(Records from a dataset)
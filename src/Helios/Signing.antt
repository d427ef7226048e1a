-- ===== src/Helios/Signing.antt =====
-- helios_permissions/client.go: what a request's signature vouches for.
use helios_permission_golang.Prelude.{
  ℕ, Str, Bool, false, if◌then◌else◌, Option, none, ◌>>=◌, nat_eq, some, [], ◌∷◌, ◌++◌, ◌≡◌, refl,
  ap, arith, ℤ, bytes, ◌==◌, lookup, len, len-append,
}
use mathlib.Core.List.{append_assoc}
use helios_permission_golang.Helios.{Request, Env, HeliosClient, path_of, payload, sign, request}
use helios_permission_golang.Helios.Decimal.{format_int, format_int-injective}
use helios_permission_golang.Helios.Hex.{encode_to_string}

append-injective : (s t u v : Str) → s ++ t ≡ u ++ v → len t ≡ len v → (s ≡ u) × (t ≡ v)
append-injective [] t [] v e h = (refl, e)
append-injective [] t (y ∷ u) v e h = absurd (omega (arith, len-append (y ∷ u) v, ap len e))
append-injective (x ∷ s) t [] v e h = absurd (omega (arith, len-append (x ∷ s) t, ap len e))
append-injective (x ∷ s) t (y ∷ u) v e h = ground (arith, append-injective s t u v)

append_cancel : (s t u : Str) → s ++ t ≡ s ++ u → t ≡ u
append_cancel [] t u e = e
append_cancel (x ∷ s) t u e = append_cancel s t u (ground arith)

abbrev get : Str
get = bytes "GET"

-- Of two timestamps with equally many digits, no two users or times have the same signed text.
pub payload-injective :
    (u v : Str) (a b : ℤ)
    → len (format_int a) ≡ len (format_int b)
    → payload get (path_of u) (format_int a) ≡ payload get (path_of v) (format_int b)
    → (u ≡ v) × (a ≡ b)
unfolding payload path_of
payload-injective u v a b h e =
    let whole = append_cancel get _ _ e in
    let (paths, times) = append-injective (path_of u) _ (path_of v) _ whole h in
    (append_cancel (bytes "/internal/permissions/") _ _ paths, format_int-injective a b times)

-- Nothing separates the path from the timestamp: the text `d` at the end of the user identifier and
-- at the start of the timestamp gives the same signature.
pub sign_shared :
    (E : Env) (c : HeliosClient) (u d timestamp : Str)
    → sign E c get (path_of (u ++ d)) timestamp ≡ sign E c get (path_of u) (d ++ timestamp)
unfolding sign payload path_of
sign_shared E c u d timestamp = simp append_assoc

module _ (E : Env) (c : HeliosClient) (seconds : ℤ) (u : Str) where
  -- The tenant is in the URL alone: requests for two tenants carry the same headers, the signature
  -- among them.
  pub headers_ignore_tenant :
      (t t' : Str) → (request E c seconds u t).headers ≡ (request E c seconds u t').headers
  unfolding request
  headers_ignore_tenant t t' = refl

-- A text without the text at its head.
abbrev pub after_head : Str → Str → Option Str
after_head [] s = some s
after_head (x ∷ p) [] = none
after_head (x ∷ p) (y ∷ s) = let rest = after_head p s in if nat_eq x y then rest else none

-- A text up to the first occurrence of a byte.
abbrev pub until : ℕ → Str → Str
until c [] = []
until c (x ∷ s) = let rest = until c s in if nat_eq x c then [] else x ∷ rest

-- What a server does with the secret, a request, and the URL that it is reached at: it takes the
-- path of the request from the URL, up to the query, and the timestamp from its header, and
-- compares the digest of method, path and timestamp with the signature in its header.
abbrev signs : (Str → Str → Str) → Str → Str → Option Str → Option Str → Option Str → Bool
signs hmac secret method (some path) (some timestamp) (some signature) =
    signature == encode_to_string (hmac secret (method ++ (path ++ timestamp)))
signs hmac secret method _ _ _ = false

abbrev pub accepts : (Str → Str → Str) → Str → Str → Request → Bool
accepts hmac secret base r =
    signs hmac secret r.method (do rest ← after_head base r.url; some (until b'?' rest))
      (lookup (bytes "x-timestamp") r.headers) (lookup (bytes "x-signature") r.headers)
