-- ===== src/Memory/Laws.antt =====
-- helios_permissions/in_memory_cache.go: what a later `Get` returns after each method, for every
-- pair of a user and a tenant.
use helios_permission_golang.Prelude.{
  Str, true, if◌then◌else◌, none, some, ◌++◌, ◌≡◌, refl, arith, bytes, ◌==◌, ==_iff, ==-self, ap,
  lookup-insert, lookup-delete, lookup-delete_where, lookup,
}
use helios_permission_golang.Cache.{Slice, elements}
use helios_permission_golang.Cache.Spec.{set_if_absent}
use helios_permission_golang.Cache.Contract.{IsCoherent}
use helios_permission_golang.Memory.Keys.{ends_with_iff}
use helios_permission_golang.Memory.{
  InMemoryPermissionCache, memory_cache, mem_key, ends_with, get, set, write_through, invalidate,
  invalidate_tenant,
}

-- The slice that `Get` returns.
unfoldable pub read : InMemoryPermissionCache → Str → Str → Slice
read c u t = lookup (mem_key u t) c.store

-- `Get` returns no error and changes nothing.
pub get-read : (u t : Str) (c : InMemoryPermissionCache) → get u t c ≡ ((read c u t, none), c)
unfolding get read
get-read u t c = ground arith

module _ (u t : Str) (c : InMemoryPermissionCache) (v w : Str) where
  pub read-set :
      (perms : Slice)
      → read (set u t perms c).1 v w
        ≡ (if mem_key u t == mem_key v w then set_if_absent (read c v w) perms else read c v w)
  unfolding set read
  read-set perms = ground (
    arith,
    lookup-insert (mem_key u t) (mem_key v w) (elements perms) c.store,
    ==_iff (mem_key u t) (mem_key v w),
  )

  pub read-write_through :
      (perms : Slice)
      → read (write_through u t perms c).1 v w
        ≡ (if mem_key u t == mem_key v w then some (elements perms) else read c v w)
  unfolding write_through read
  read-write_through perms = lookup-insert (mem_key u t) (mem_key v w) (elements perms) c.store

  pub read-invalidate :
      read (invalidate u t c).1 v w ≡ (if mem_key u t == mem_key v w then none else read c v w)
  unfolding invalidate read
  read-invalidate = lookup-delete (mem_key u t) (mem_key v w) c.store

  pub read-invalidate_tenant :
      read (invalidate_tenant t c).1 v w
      ≡ (if ends_with (mem_key v w) (bytes ":" ++ t) then none else read c v w)
  unfolding invalidate_tenant read
  read-invalidate_tenant =
      lookup-delete_where (λ k. ends_with k (bytes ":" ++ t)) (mem_key v w) c.store

pub own_key : (u t : Str) → ends_with (mem_key u t) (bytes ":" ++ t) ≡ true
unfolding mem_key
own_key u t = (ends_with_iff _ _).1 (u, refl)

-- The in-memory cache keeps the contract of the client, for every user and tenant.
abbrev pub memory_cache-IsCoherent : IsCoherent memory_cache
memory_cache-IsCoherent = record {
  Keeps = λ perms. Unit;
  Sweeps = λ t. Unit;
  IsSound = λ c u t. Unit;
  peek = read;
  get_peek = λ u t c. ap (λ r. r.0.0) (get-read u t c);
  peek_get = λ u t c. ap (λ r. read r.1 u t) (get-read u t c);
  sound_get = λ u t c p. tt;
  peek_set = λ u t perms c p q. rw (read-set, ==-self);
  peek_write_through = λ u t perms c p. rw (read-write_through, ==-self);
  sound_write_through = λ u t perms c p. tt;
  peek_invalidate = λ u t c. rw (read-invalidate, ==-self);
  sound_invalidate = λ u t c. tt;
  peek_invalidate_tenant =
      λ u t c p. (invalidate_tenant t c, refl, rw (read-invalidate_tenant, own_key u t));
}
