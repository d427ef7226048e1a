-- ===== src/Memory/Refinement.antt =====
-- helios_permissions/in_memory_cache.go against the interface's promise, and where the ":" in a
-- tenant breaks it.
use helios_permission_golang.Prelude.{
  Str, true, none, some, List, ◌++◌, ◌≡◌, refl, ap, ◌∙◌, bytes, ==-self, lookup,
}
use helios_permission_golang.Cache.{Slice, elements}
use helios_permission_golang.Cache.Spec.{
  View, Op, set, write_through, invalidate, invalidate_tenant, promised, promised_all, apply,
  apply_all,
}
use helios_permission_golang.Cache.Faithful.{IsFaithful}
use helios_permission_golang.Cache.Runs.{nothing, All, apply_all-Shows}
use helios_permission_golang.Memory
use helios_permission_golang.Memory.{
  InMemoryPermissionCache, new_in_memory_permission_cache, memory_cache, mem_key, ends_with,
}
use helios_permission_golang.Memory.Keys.{
  IsPlain, mem_key-eq, mem_key-shared, mem_key-append, ends_with-mem_key, ends_with_iff,
}
use helios_permission_golang.Memory.Laws.{
  read, get-read, read-set, read-write_through, read-invalidate, read-invalidate_tenant,
}

-- The tenant that a call names has no ":".
abbrev pub IsPlainOp : Op → Type 0
IsPlainOp (set u t perms) = IsPlain t
IsPlainOp (write_through u t perms) = IsPlain t
IsPlainOp (invalidate u t) = IsPlain t
IsPlainOp (invalidate_tenant t) = IsPlain t

-- The cache shows a view to every pair whose tenant is plain.
abbrev pub Shows : InMemoryPermissionCache → View → Type 0
Shows c view = (v w : Str) → IsPlain w → read c v w ≡ view v w

pub apply-Shows :
    (op : Op) (c : InMemoryPermissionCache) (view : View)
    → IsPlainOp op
    → Shows c view
    → (c' : InMemoryPermissionCache) × (apply memory_cache op c ≡ some c')
      × Shows c' (promised op view)
unfolding apply promised
apply-Shows (set u t perms) c view p h =
    (_, refl, λ v w q. rw (read-set, mem_key-eq u v t w p q, h v w q))
apply-Shows (write_through u t perms) c view p h =
    (_, refl, λ v w q. rw (read-write_through, mem_key-eq u v t w p q, h v w q))
apply-Shows (invalidate u t) c view p h =
    (_, refl, λ v w q. rw (read-invalidate, mem_key-eq u v t w p q, h v w q))
apply-Shows (invalidate_tenant t) c view p h =
    (_, refl, λ v w q. rw (read-invalidate_tenant, ends_with-mem_key v w t q p, h v w q))

pub new_cache-Shows : Shows new_in_memory_permission_cache nothing
unfolding read lookup new_in_memory_permission_cache
new_cache-Shows v w q = refl

-- The map of a new cache, and after each call, shows what the interface promises.
abbrev pub memory_faithful : IsFaithful memory_cache
memory_faithful = record {
  IsFine = IsPlainOp;
  Shows = Shows;
  get_view = λ u t c view p h. ap (λ r. r.0.0) (get-read u t c) ∙ h u t p;
  get_shows = λ u t c view h. rw get-read h;
  apply_shows = apply-Shows;
}

-- After any writes to a new cache, whose tenants have no ":" and which all return, what a read of a
-- pair whose tenant has no ":" returns is what the interface's comments promise.
pub memory_cache-promised :
    (ops : List Op) (v w : Str)
    → All IsPlainOp ops
    → IsPlain w
    → (c : InMemoryPermissionCache) × (apply_all memory_cache ops new_in_memory_permission_cache
        ≡ some c)
      × (read c v w ≡ promised_all ops nothing v w)
memory_cache-promised ops v w p q =
    let (c, returns, shows) =
      apply_all-Shows memory_cache Shows IsPlainOp apply-Shows ops new_in_memory_permission_cache
        nothing p new_cache-Shows in
    (c, returns, shows v w q)

-- Whatever the cache holds, invalidating the tenant `t` also drops each entry of a tenant that
-- ends in ":" and `t`; and a value written for the user "u:v" and the tenant `t` is read back for
-- the user `u` and the tenant "v:t".
pub colon_breaks_isolation :
    (c : InMemoryPermissionCache) (u v t : Str) (perms : Slice)
    → (read (Memory.invalidate_tenant t c).1 u (v ++ (bytes ":" ++ t)) ≡ none)
      × (read (Memory.write_through (u ++ (bytes ":" ++ v)) t perms c).1 u (v ++ (bytes ":" ++ t))
          ≡ some (elements perms))
colon_breaks_isolation c u v t perms =
    (rw (read-invalidate_tenant, suffix), rw (read-write_through, mem_key-shared u v t, ==-self))
  where
    suffix : ends_with (mem_key u (v ++ (bytes ":" ++ t))) (bytes ":" ++ t) ≡ true
    suffix = (ends_with_iff _ _).1 (mem_key u v, mem_key-append u v t)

__EXERCISE DETAILS__: In the entries above, find the line holding "(_, refl, λ v w q. rw (read-write_through, mem_key-eq" and the line holding "suffix : ends_with", then retype exactly those two lines and every line between them, and nothing else.

__YOUR RESPONSE__:
    (_, refl, λ v w q. rw (read-write_through, mem_key-eq u v t w p q, h v w q))
apply-Shows (invalidate u t) c view p h =
    (_, refl, λ v w q. rw (read-invalidate, mem_key-eq u v t w p q, h v w q))
apply-Shows (invalidate_tenant t) c view p h =
    (_, refl, λ v w q. rw (read-invalidate_tenant, ends_with-mem_key v w t q p, h v w q))

pub new_cache-Shows : Shows new_in_memory_permission_cache nothing
unfolding read lookup new_in_memory_permission_cache
new_cache-Shows v w q = refl

-- The map of a new cache, and after each call, shows what the interface promises.
abbrev pub memory_faithful : IsFaithful memory_cache
memory_faithful = record {
  IsFine = IsPlainOp;
  Shows = Shows;
  get_view = λ u t c view p h. ap (λ r. r.0.0) (get-read u t c) ∙ h u t p;
  get_shows = λ u t c view h. rw get-read h;
  apply_shows = apply-Shows;
}

-- After any writes to a new cache, whose tenants have no ":" and which all return, what a read of a
-- pair whose tenant has no ":" returns is what the interface's comments promise.
pub memory_cache-promised :
    (ops : List Op) (v w : Str)
    → All IsPlainOp ops
    → IsPlain w
    → (c : InMemoryPermissionCache) × (apply_all memory_cache ops new_in_memory_permission_cache
        ≡ some c)
      × (read c v w ≡ promised_all ops nothing v w)
memory_cache-promised ops v w p q =
    let (c, returns, shows) =
      apply_all-Shows memory_cache Shows IsPlainOp apply-Shows ops new_in_memory_permission_cache
        nothing p new_cache-Shows in
    (c, returns, shows v w q)

-- Whatever the cache holds, invalidating the tenant `t` also drops each entry of a tenant that
-- ends in ":" and `t`; and a value written for the user "u:v" and the tenant `t` is read back for
-- the user `u` and the tenant "v:t".
pub colon_breaks_isolation :
    (c : InMemoryPermissionCache) (u v t : Str) (perms : Slice)
    → (read (Memory.invalidate_tenant t c).1 u (v ++ (bytes ":" ++ t)) ≡ none)
      × (read (Memory.write_through (u ++ (bytes ":" ++ v)) t perms c).1 u (v ++ (bytes ":" ++ t))
          ≡ some (elements perms))
colon_breaks_isolation c u v t perms =
    (rw (read-invalidate_tenant, suffix), rw (read-write_through, mem_key-shared u v t, ==-self))
  where
    suffix : ends_with (mem_key u (v ++ (bytes ":" ++ t))) (bytes ":" ++ t) ≡ true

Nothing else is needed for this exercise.